Exercise
Output, word for word, every line from the start of the listing down to and including the line that contains "trail_beq (x ∷ xs) [] = false"; include nothing else.

START Supplied information

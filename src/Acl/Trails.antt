-- ===== src/Acl/Trails.antt =====
-- acl/radix_tree.go: the ways down the tree. A trail is the list of the bits by which a node is
-- reached from the root, the deepest first; `path j key` is the trail of the first j bits of a key.
use mathlib.Core.Option
use vermouth.Prelude.{
  ℕ, zero, suc, refl, ap, Bool, true, false, not, Option, none, some, List, [], arith, Eq, length,
  get_elem?, ◌/◌, ◌<◌, ◌≡◌, ◌↔◌, ◌&&◌, ◌∷◌, ◌++◌, ◌==◌, if◌then◌else◌, nat_eq, str_eq,
}
use vermouth.Acl.{bit_set, max_ipv4_bit}

abbrev pub Trail : Type 0
Trail = List Bool

unfoldable pub bool_beq : Bool → Bool → Bool
bool_beq true b = b
bool_beq false b = not b

unfoldable pub trail_beq : Trail → Trail → Bool
unfolding bool_beq
trail_beq [] [] = true
trail_beq [] (y ∷ ys) = false
trail_beq (x ∷ xs) [] = false
trail_beq (x ∷ xs) (y ∷ ys) = bool_beq x y && trail_beq xs ys

pub bool_beq_iff : (x y : Bool) → (bool_beq x y ≡ true) ↔ (x ≡ y)
unfolding bool_beq
bool_beq_iff true true = ground arith
bool_beq_iff true false = ground arith
bool_beq_iff false true = ground arith
bool_beq_iff false false = ground arith

pub trail_beq_iff : (s t : Trail) → (trail_beq s t ≡ true) ↔ (s ≡ t)
unfolding trail_beq
trail_beq_iff [] [] = ground arith
trail_beq_iff [] (y ∷ ys) = ground arith
trail_beq_iff (x ∷ xs) [] = ground arith
trail_beq_iff (x ∷ xs) (y ∷ ys) = ground (arith, trail_beq_iff xs ys, bool_beq_iff x y)

instance abbrev pub trail_eq : Eq Trail
trail_eq = record { equal = trail_beq; equal_iff = trail_beq_iff }

-- The bit of the loops after j rounds.
unfoldable pub bit_at : ℕ → ℕ
bit_at zero = max_ipv4_bit
bit_at (suc j) = bit_at j / 2

unfoldable pub path : ℕ → ℕ → Trail
unfolding bit_at
path zero key = []
path (suc j) key = bit_set key (bit_at j) ∷ path j key

pub length-path : (j key : ℕ) → length (path j key) ≡ j
unfolding path
length-path zero key = refl
length-path (suc j) key = ap suc (length-path j key)

-- The node that stands at a trail, where the i-th trail of the list is that of node i.
unfoldable pub index_of : List Trail → Trail → Option ℕ
unfolding trail_beq
index_of [] r = none
index_of (p ∷ ps) r = if p == r then some 0 else Option.map suc (index_of ps r)

abbrev pub or_else : Option ℕ → Option ℕ → Option ℕ
or_else (some i) o = some i
or_else none o = o

pub index_of-get :
    (ps : List Trail) (r : Trail) (i : ℕ) → index_of ps r ≡ some i → get_elem? ps i ≡ some r
unfolding index_of
index_of-get [] r i h = cc
index_of-get (p ∷ ps) r zero h = ground (arith, trail_beq_iff p r)
index_of-get (p ∷ ps) r (suc i) h = ground (arith, index_of-get ps r i)

pub index_of-append :
    (ps : List Trail) (p r : Trail)
    → index_of (ps ++ p ∷ []) r
      ≡ or_else (index_of ps r) (if p == r then some (length ps) else none)
unfolding index_of
index_of-append [] p r = refl
index_of-append (q ∷ ps) p r = ground (arith, index_of-append ps p r)

pub index_of_unique :
    (ps : List Trail) (p r : Trail) (i : ℕ)
    → index_of ps p ≡ some i
    → index_of ps r ≡ some i
    → p ≡ r
index_of_unique ps p r i h k = let a = index_of-get ps p i h in let b = index_of-get ps r i k in cc

pub index_of-bound : (ps : List Trail) (r : Trail) (i : ℕ) → index_of ps r ≡ some i → i < length ps
unfolding index_of
index_of-bound [] r i h = cc
index_of-bound (p ∷ ps) r zero h = omega arith
index_of-bound (p ∷ ps) r (suc i) h = ground (arith, index_of-bound ps r i)
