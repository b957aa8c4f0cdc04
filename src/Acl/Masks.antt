-- ===== src/Acl/Masks.antt =====
-- acl/radix_tree.go: the network masks that Add makes, bit by bit.
use vermouth.Prelude.{
  ℕ, zero, suc, refl, inl, inr, Bool, true, arith, ltb, nat_beq, nat_beq_iff, Bool-cases, ◌≤◌, ◌<◌,
  ◌≡◌, ◌&&◌, nat_eq, str_eq,
}
use vermouth.Acl.{bit_set, net_mask}
use vermouth.Acl.Trails.{bool_beq, bool_beq_iff, bit_at}

-- Whether a test holds for every number below n.
unfoldable pub each : ℕ → (ℕ → Bool) → Bool
each zero f = true
each (suc n) f = f n && each n f

pub each-at : (n : ℕ) (f : ℕ → Bool) (j : ℕ) → each n f ≡ true → j < n → f j ≡ true
unfolding each
each-at zero f j h i = elim i [ ]
each-at (suc n) f j h i = elim (Bool-cases (nat_beq j n)) [
  | inl here ↦ (let e = (nat_beq_iff j n).0 here in rw e (ground arith))
  | inr below ↦ each-at n f j (ground arith) (ground arith)
]

abbrev fits : ℕ → ℕ → Bool
fits j c = bool_beq (bit_set (bit_at j) (net_mask c)) (ltb j c)

all_fit : each 33 (λ j. each 33 (λ c. fits j c)) ≡ true
unfolding each bit_at net_mask bool_beq
all_fit = refl

pub net_mask-bit : (j c : ℕ) → j ≤ 32 → c ≤ 32 → bit_set (bit_at j) (net_mask c) ≡ ltb j c
net_mask-bit j c h i =
    (bool_beq_iff _ _).0
      (each-at 33 (λ c. fits j c) c (each-at 33 _ j all_fit (omega arith)) (omega arith))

END Supplied information

Task output
filename src/Acl/Trails.antt
-- ===== src/Acl/Trails.antt =====
-- acl/radix_tree.go: the ways down the tree. A trail is the list of the bits by which a node is
-- reached from the root, the deepest first; `path j key` is the trail of the first j bits of a key.
use mathlib.Core.Option
use vermouth.Prelude.{
  ℕ, zero, suc, refl, ap, Bool, true, false, not, Option, none, some, List, [], arith, Eq, length,
  get_elem?, ◌/◌, ◌<◌, ◌≡◌, ◌↔◌, ◌&&◌, ◌∷◌, ◌++◌, ◌==◌, if◌then◌else◌, nat_eq, str_eq,
}
use vermouth.Acl.{bit_set, max_ipv4_bit}

abbrev pub Trail : Type 0
Trail = List Bool

unfoldable pub bool_beq : Bool → Bool → Bool
bool_beq true b = b
bool_beq false b = not b

unfoldable pub trail_beq : Trail → Trail → Bool
unfolding bool_beq
trail_beq [] [] = true
trail_beq [] (y ∷ ys) = false
trail_beq (x ∷ xs) [] = false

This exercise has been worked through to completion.